By: John Nussbaumer
Abstract by: R. Banks Bruce
Since the 1960s, African-Americans, together with other
minorities, have climbed a rocky slope towards civil equality.
However, despite concerted efforts made by American law schools,
African-Americans have actually fallen backwards in recent
statistical studies. Over the past 10 years, the number of
applications, acceptances, and degrees received by
African-Americans has decreased. These discouraging numbers can be
attributed to law school admission practices and law school
accreditation practices.
Recently, St. John’s University School of Law hosted a national
conference to examine the relationship between law school rankings
and minority admissions. The participants came to the consensus
that law schools were attempting to raise their competitive rank by
raising their 25th percentile Law School Admissions Test (“LSAT”)

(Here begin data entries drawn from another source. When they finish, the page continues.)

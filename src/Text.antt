-- ===== src/Text.antt =====
-- Text in a bitmap font on the active framebuffer, kernel/video/text.c.
pub mod Row
pub mod Glyph
pub mod Bitmap
pub mod Font
pub mod Cursor
pub mod Layout
mod Tests
use black_diamond_os.Prelude.{
  ℕ, Bool, zero, suc, ◌+◌, ◌-◌, ◌*◌, ◌/◌, ◌%◌, ◌^◌, ◌||◌, not, bit_and, u16, u32, leb, ◌==◌,
  if◌then◌else◌,
}
use black_diamond_os.Machine.{
  read_u32, Outcome, done, panic, fault, stuck, Proc, Memory, pure, crash, spin, get, modify, ◌>>=◌,
  ◌>>◌,
}
use black_diamond_os.Video.{Video, store_pixel}

-- The globals of text.c, the framebuffers, and the bytes of the fonts and strings, which lie apart
-- from the framebuffers.
pub record Text : Type 0 where
  pub video : Video
  pub bytes : Memory ℕ
  pub active_font : ℕ
  pub background_colour : ℕ
  pub foreground_colour : ℕ

abbrev pub transparent : ℕ
transparent = 0xFF000000

-- `struct psf_header`
pub record PsfHeader : Type 0 where
  pub magic : ℕ
  pub version : ℕ
  pub header_size : ℕ
  pub flags : ℕ
  pub glyph_count : ℕ
  pub glyph_size : ℕ
  pub height : ℕ
  pub width : ℕ

abbrev pub header_at : Memory ℕ → ℕ → PsfHeader
header_at m p = record {
  magic = read_u32 m p;
  version = read_u32 m (p + 4);
  header_size = read_u32 m (p + 8);
  flags = read_u32 m (p + 12);
  glyph_count = read_u32 m (p + 16);
  glyph_size = read_u32 m (p + 20);
  height = read_u32 m (p + 24);
  width = read_u32 m (p + 28);
}

-- A read through the pointer to a font faults at null.
unfoldable pub load_font : ℕ → Proc Text PsfHeader
load_font p = if p == 0 then crash else λ s. pure (header_at s.bytes p) s

unfoldable pub set_font : ℕ → Proc Text ℕ
set_font font_ptr = do
  font ← load_font font_ptr
  if not (font.magic == 0x864AB572) || font.flags == 0
      then pure 0
      else (do modify (λ s. record s { active_font = font_ptr }); pure 1)

unfoldable pub set_bg_colour : ℕ → Proc Text (Unit {0})
set_bg_colour colour = modify (λ s. record s { background_colour = colour })

unfoldable pub set_fg_colour : ℕ → Proc Text (Unit {0})
set_fg_colour colour = modify (λ s. record s { foreground_colour = colour })

-- a step of the drawing code
abbrev pub resume : {A : Type 0} → Text → Outcome Video A → Outcome Text A
resume s (done a v) = done a (record s { video = v })
resume s (panic msg) = panic msg
resume s fault = fault
resume s stuck = stuck

unfoldable pub on_video : {A : Type 0} → Proc Video A → Proc Text A
on_video m s = resume s (m s.video)

-- the byte of a glyph `width` pixels wide in which pixel `j` of line `i` has its bit
abbrev pub byte_offset : ℕ → ℕ → ℕ → ℕ
byte_offset width i j = u32 (i * (width / 8) + j / 8)

-- `*target = colour`, unless the colour is transparent
unfoldable pub put_dot : ℕ → ℕ → Proc Text (Unit {0})
put_dot target colour =
    if colour == transparent then pure tt else on_video (store_pixel target colour)

-- the inner loop of `put_char`, with `rounds` rounds left
unfoldable pub put_glyph_row : ℕ → ℕ → ℕ → ℕ → ℕ → Proc Text (Unit {0})
put_glyph_row zero i j glyph target = pure tt
put_glyph_row (suc rounds) i j glyph target = do
  s ← get
  font ← load_font s.active_font
  if bit_and (s.bytes (glyph + byte_offset font.width i j)) (0x80 / 2 ^ (j % 8)) == 0
      then put_dot target s.background_colour
      else put_dot target s.foreground_colour
  put_glyph_row rounds i (j + 1) glyph (target + 4)

-- how far `target` moves after a row, in pixels
abbrev pub line_gap : ℕ → ℕ → ℕ
line_gap buffer_width width = u32 (buffer_width + (2 ^ 32 - width))

-- the outer loop of `put_char`
unfoldable pub put_glyph_rows : ℕ → ℕ → ℕ → ℕ → Proc Text (Unit {0})
put_glyph_rows zero i glyph target = pure tt
put_glyph_rows (suc rounds) i glyph target = do
  s ← get
  font ← load_font s.active_font
  put_glyph_row font.width i 0 glyph target
  put_glyph_rows rounds (i + 1) glyph
      (target + 4 * font.width + 4 * line_gap s.video.active_buffer.pixel_width font.width)

-- where the glyph of a character begins
abbrev pub glyph_at : ℕ → PsfHeader → ℕ → ℕ
glyph_at p font c = p + font.header_size + u32 (c * font.glyph_size)

unfoldable pub put_char : ℕ → ℕ → ℕ → Proc Text (Unit {0})
put_char c x y = do
  s ← get
  font ← load_font s.active_font
  put_glyph_rows font.height 0 (glyph_at s.active_font font c)
      (s.video.active_buffer.address + 4 * (y * s.video.active_buffer.pixel_width + x))

-- Does the next character go on the next line?
abbrev pub line_is_full : ℕ → ℕ → ℕ → Bool
line_is_full cursor font_width width = leb width (u32 (cursor + font_width))

-- the loop of `put_str`; `fuel` bounds the length of the string
unfoldable pub put_chars : ℕ → ℕ → ℕ → ℕ → ℕ → ℕ → Proc Text (Unit {0})
put_chars zero str x x_cursor y width = spin
put_chars (suc fuel) str x x_cursor y width = do
  s ← get
  if s.bytes str == 0 then pure tt else (do
    put_char (s.bytes str) x_cursor y
    t ← get
    font ← load_font t.active_font
    if line_is_full (u16 (x_cursor + font.width + 1)) font.width width
        then put_chars fuel (str + 1) x x (u16 (y + font.height)) width
        else put_chars fuel (str + 1) x (u16 (x_cursor + font.width + 1)) y width)

unfoldable pub put_str : ℕ → ℕ → ℕ → ℕ → ℕ → Proc Text (Unit {0})
put_str fuel str x y width = put_chars fuel str x x y width

unfoldable pub get_font_width : Proc Text ℕ
get_font_width = do s ← get; font ← load_font s.active_font; pure font.width

unfoldable pub get_font_height : Proc Text ℕ
get_font_height = do s ← get; font ← load_font s.active_font; pure font.height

scores. However, the Law School Admissions Counsel has specifically
warned of the danger in overemphasizing the LSAT in admission
decisions. An over emphasis on the LSAT can and does have a
disparate impact on African-American student enrollment.
Officially, there is no minimum LSAT imposed by the law school
accreditation committee. However, law schools do feel pressure from
the accreditation committee to keep their student body’s scores
above 141. This de facto cut-off score excludes many capable
students from entering law school who may have succeeded despite a
low LSAT score. Because of this cut-off score, nearly half of all
African-American applicants are denied admission.
Regardless of whether or not law schools have purposefully
administered these discriminatory practices, changes must be made.
Admissions practices that have a disparate impact on
African-Americans must be prohibited, especially those that misuse
the LSAT. It seems clear that without these changes law schools
will leave themselves open to lawsuits based on racial
discrimination.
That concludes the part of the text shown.